BEGIN Data for this exercise

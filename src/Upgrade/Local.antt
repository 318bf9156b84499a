-- ===== src/Upgrade/Local.antt =====
-- socket_server/upgrader.py, lines 85 to 138: the versions that are there, and the switch from the command
-- line to one of them.
use socket_server.Prelude.{
  ℕ, zero, suc, ◌+◌, ◌≡◌, refl, sym, subst, inl, inr, Bool, true, false, ◌||◌, Option, none, some,
  List, [], ◌∷◌, map, arith, if◌then◌else◌, Bool-cases, Option-cases, get_elem?,
}
use socket_server.Prelude.Bytes.{Text, codes, eqb, eqb_refl}
use socket_server.Prelude.Int.{ℤ, pos, negsuc}
use socket_server.Prelude.Dict.{Dict}
use socket_server.PcapFlow.{text_leb}
use socket_server.Upgrade.{Version, Versions, plain_version, is_version_downloaded, switch_to}

insert_name : Text → List Text → List Text
insert_name n [] = n ∷ []
insert_name n (m ∷ ms) = if text_leb n m then n ∷ m ∷ ms else m ∷ insert_name n ms

abbrev has_binary : Version → Bool
has_binary v = elim v.binary [ none ↦ false | some b ↦ true ]

-- The names of `list_local_versions`, in their order; the link `current` is not one of them.
local_names : Dict Version → List Text
local_names [] = []
local_names ((n, v) ∷ d) =
    let rest = local_names d in
    if eqb n (codes "current") then rest else if has_binary v then insert_name n rest else rest

abbrev is_current : Option Text → Text → Bool
is_current none n = false
is_current (some target) n = eqb n target

-- `list_local_versions`
pub list_local_versions : Versions → List (Text × Bool)
list_local_versions s = map (λ n. (n, is_current s.current n)) (local_names s.versions)

unfoldable pub is_listed : Text → List Text → Bool
is_listed n [] = false
is_listed n (m ∷ ms) = eqb n m || is_listed n ms

-- The version of the number that is typed in; `none` is a ValueError or an EOFError.
pub chosen : Option ℤ → List Text → Option Text
chosen none local = none
chosen (some (negsuc n)) local = none
chosen (some (pos zero)) local = none
chosen (some (pos (suc idx))) local = get_elem? local idx

-- The version that is to be switched to, if there is one.
requested : Option Text → Option ℤ → List Text → Option Text
requested none choice local = chosen choice local
requested (some version) choice local =
    if is_listed (plain_version version) local then some (plain_version version) else none

-- `switch_version`; nothing is asked where there is nothing to choose from.
switch_version : Option Text → Option ℤ → Versions → Versions
switch_version version choice s =
    elim (requested version choice (map (λ (p : Text × Bool). p.0) (list_local_versions s))) [
      | none ↦ s
      | some v ↦ (switch_to v s).1
    ]

-- Nothing is switched, or the link leads to a version that was listed (without a leading v) and is
-- executable, and the service is restarted.
pub data Switches (s s' : Versions) : Type 0 where
  stays : s' ≡ s → Switches s s'
  switches :
      (v : Text)
      → is_listed v (map (λ (p : Text × Bool). p.0) (list_local_versions s)) ≡ true
      → is_version_downloaded (plain_version v) s ≡ true
      → s' ≡ record s { current = some (plain_version v); restarts = s.restarts + 1 }
      → Switches s s'

is_listed-get_elem? :
    (ns : List Text) (i : ℕ) (v : Text) → get_elem? ns i ≡ some v → is_listed v ns ≡ true
unfolding is_listed
is_listed-get_elem? [] i v h = absurd (cc)
is_listed-get_elem? (n ∷ ns) zero v h =
    let same : n ≡ v = ground (arith, h) in
    let equal : eqb v n ≡ true = subst (λ x. eqb v x ≡ true) (sym same) (eqb_refl v) in rw equal
is_listed-get_elem? (n ∷ ns) (suc i) v h = ground (arith, is_listed-get_elem? ns i v h)

requested-listed :
    (version : Option Text) (choice : Option ℤ) (local : List Text) (v : Text)
    → requested version choice local ≡ some v
    → is_listed v local ≡ true
unfolding requested chosen
requested-listed none none local v h = absurd (cc)
requested-listed none (some (negsuc n)) local v h = absurd (cc)
requested-listed none (some (pos zero)) local v h = absurd (cc)
requested-listed none (some (pos (suc idx))) local v h = is_listed-get_elem? local idx v h
requested-listed (some version) choice local v h =
    elim (Bool-cases (is_listed (plain_version version) local)) [
      | inl there ↦
          let same : plain_version version ≡ v = ground (arith, h, there) in
          subst (λ x. is_listed x local ≡ true) same there
      | inr absent ↦ absurd (ground (arith, h, absent))
    ]

switch_to-Switches :
    (v : Text) (s : Versions)
    → is_listed v (map (λ (p : Text × Bool). p.0) (list_local_versions s)) ≡ true
    → Switches s (switch_to v s).1
unfolding switch_to
switch_to-Switches v s listed = elim (Bool-cases (is_version_downloaded (plain_version v) s)) [
  | inl there ↦ rw there (switches v listed there refl)
  | inr absent ↦ rw absent (stays refl)
]

-- Whatever is asked for or typed in, `switch_version` does what `Switches` says.
switch_version-Switches :
    (version : Option Text) (choice : Option ℤ) (s : Versions)
    → Switches s (switch_version version choice s)
unfolding switch_version
switch_version-Switches version choice s =
    let local = map (λ (p : Text × Bool). p.0) (list_local_versions s) in
    elim (Option-cases (requested version choice local)) [
      | inl nothing ↦ rw (nothing, switch_version) (stays refl)
      | inr (v, found) ↦
          rw (found, switch_version)
            (switch_to-Switches v s (requested-listed version choice local v found))
    ]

END Data for this exercise

__What the task requires__.
Write out the whole listing verbatim.

__Solution to this exercise__.
filename src/Upgrade/Local.antt
repository 318bf9156b84499a
-- ===== src/Upgrade/Local.antt =====
-- socket_server/upgrader.py, lines 85 to 138: the versions that are there, and the switch from the command
-- line to one of them.
use socket_server.Prelude.{
  ℕ, zero, suc, ◌+◌, ◌≡◌, refl, sym, subst, inl, inr, Bool, true, false, ◌||◌, Option, none, some,
  List, [], ◌∷◌, map, arith, if◌then◌else◌, Bool-cases, Option-cases, get_elem?,
}
use socket_server.Prelude.Bytes.{Text, codes, eqb, eqb_refl}
use socket_server.Prelude.Int.{ℤ, pos, negsuc}
use socket_server.Prelude.Dict.{Dict}
use socket_server.PcapFlow.{text_leb}
use socket_server.Upgrade.{Version, Versions, plain_version, is_version_downloaded, switch_to}

insert_name : Text → List Text → List Text
insert_name n [] = n ∷ []
insert_name n (m ∷ ms) = if text_leb n m then n ∷ m ∷ ms else m ∷ insert_name n ms

abbrev has_binary : Version → Bool
has_binary v = elim v.binary [ none ↦ false | some b ↦ true ]

-- The names of `list_local_versions`, in their order; the link `current` is not one of them.
local_names : Dict Version → List Text
local_names [] = []
local_names ((n, v) ∷ d) =
    let rest = local_names d in
    if eqb n (codes "current") then rest else if has_binary v then insert_name n rest else rest

abbrev is_current : Option Text → Text → Bool
is_current none n = false
is_current (some target) n = eqb n target

-- `list_local_versions`
pub list_local_versions : Versions → List (Text × Bool)
list_local_versions s = map (λ n. (n, is_current s.current n)) (local_names s.versions)

unfoldable pub is_listed : Text → List Text → Bool
is_listed n [] = false
is_listed n (m ∷ ms) = eqb n m || is_listed n ms

-- The version of the number that is typed in; `none` is a ValueError or an EOFError.
pub chosen : Option ℤ → List Text → Option Text
chosen none local = none
chosen (some (negsuc n)) local = none
chosen (some (pos zero)) local = none
chosen (some (pos (suc idx))) local = get_elem? local idx

-- The version that is to be switched to, if there is one.
requested : Option Text → Option ℤ → List Text → Option Text
requested none choice local = chosen choice local
requested (some version) choice local =
    if is_listed (plain_version version) local then some (plain_version version) else none

-- `switch_version`; nothing is asked where there is nothing to choose from.
switch_version : Option Text → Option ℤ → Versions → Versions
switch_version version choice s =
    elim (requested version choice (map (λ (p : Text × Bool). p.0) (list_local_versions s))) [
      | none ↦ s
      | some v ↦ (switch_to v s).1
    ]

-- Nothing is switched, or the link leads to a version that was listed (without a leading v) and is
-- executable, and the service is restarted.
pub data Switches (s s' : Versions) : Type 0 where
  stays : s' ≡ s → Switches s s'
  switches :
      (v : Text)
      → is_listed v (map (λ (p : Text × Bool). p.0) (list_local_versions s)) ≡ true
      → is_version_downloaded (plain_version v) s ≡ true
      → s' ≡ record s { current = some (plain_version v); restarts = s.restarts + 1 }
      → Switches s s'

is_listed-get_elem? :
    (ns : List Text) (i : ℕ) (v : Text) → get_elem? ns i ≡ some v → is_listed v ns ≡ true
unfolding is_listed
is_listed-get_elem? [] i v h = absurd (cc)
is_listed-get_elem? (n ∷ ns) zero v h =
    let same : n ≡ v = ground (arith, h) in
    let equal : eqb v n ≡ true = subst (λ x. eqb v x ≡ true) (sym same) (eqb_refl v) in rw equal
is_listed-get_elem? (n ∷ ns) (suc i) v h = ground (arith, is_listed-get_elem? ns i v h)

requested-listed :
    (version : Option Text) (choice : Option ℤ) (local : List Text) (v : Text)
    → requested version choice local ≡ some v
    → is_listed v local ≡ true
unfolding requested chosen
requested-listed none none local v h = absurd (cc)
requested-listed none (some (negsuc n)) local v h = absurd (cc)
requested-listed none (some (pos zero)) local v h = absurd (cc)
requested-listed none (some (pos (suc idx))) local v h = is_listed-get_elem? local idx v h
requested-listed (some version) choice local v h =
    elim (Bool-cases (is_listed (plain_version version) local)) [
      | inl there ↦
          let same : plain_version version ≡ v = ground (arith, h, there) in
          subst (λ x. is_listed x local ≡ true) same there
      | inr absent ↦ absurd (ground (arith, h, absent))
    ]

switch_to-Switches :
    (v : Text) (s : Versions)
    → is_listed v (map (λ (p : Text × Bool). p.0) (list_local_versions s)) ≡ true
    → Switches s (switch_to v s).1
unfolding switch_to
switch_to-Switches v s listed = elim (Bool-cases (is_version_downloaded (plain_version v) s)) [
  | inl there ↦ rw there (switches v listed there refl)
  | inr absent ↦ rw absent (stays refl)
]

-- Whatever is asked for or typed in, `switch_version` does what `Switches` says.
switch_version-Switches :
    (version : Option Text) (choice : Option ℤ) (s : Versions)
    → Switches s (switch_version version choice s)
unfolding switch_version
switch_version-Switches version choice s =
    let local = map (λ (p : Text × Bool). p.0) (list_local_versions s) in
    elim (Option-cases (requested version choice local)) [
      | inl nothing ↦ rw (nothing, switch_version) (stays refl)
      | inr (v, found) ↦
          rw (found, switch_version)
            (switch_to-Switches v s (requested-listed version choice local v found))
    ]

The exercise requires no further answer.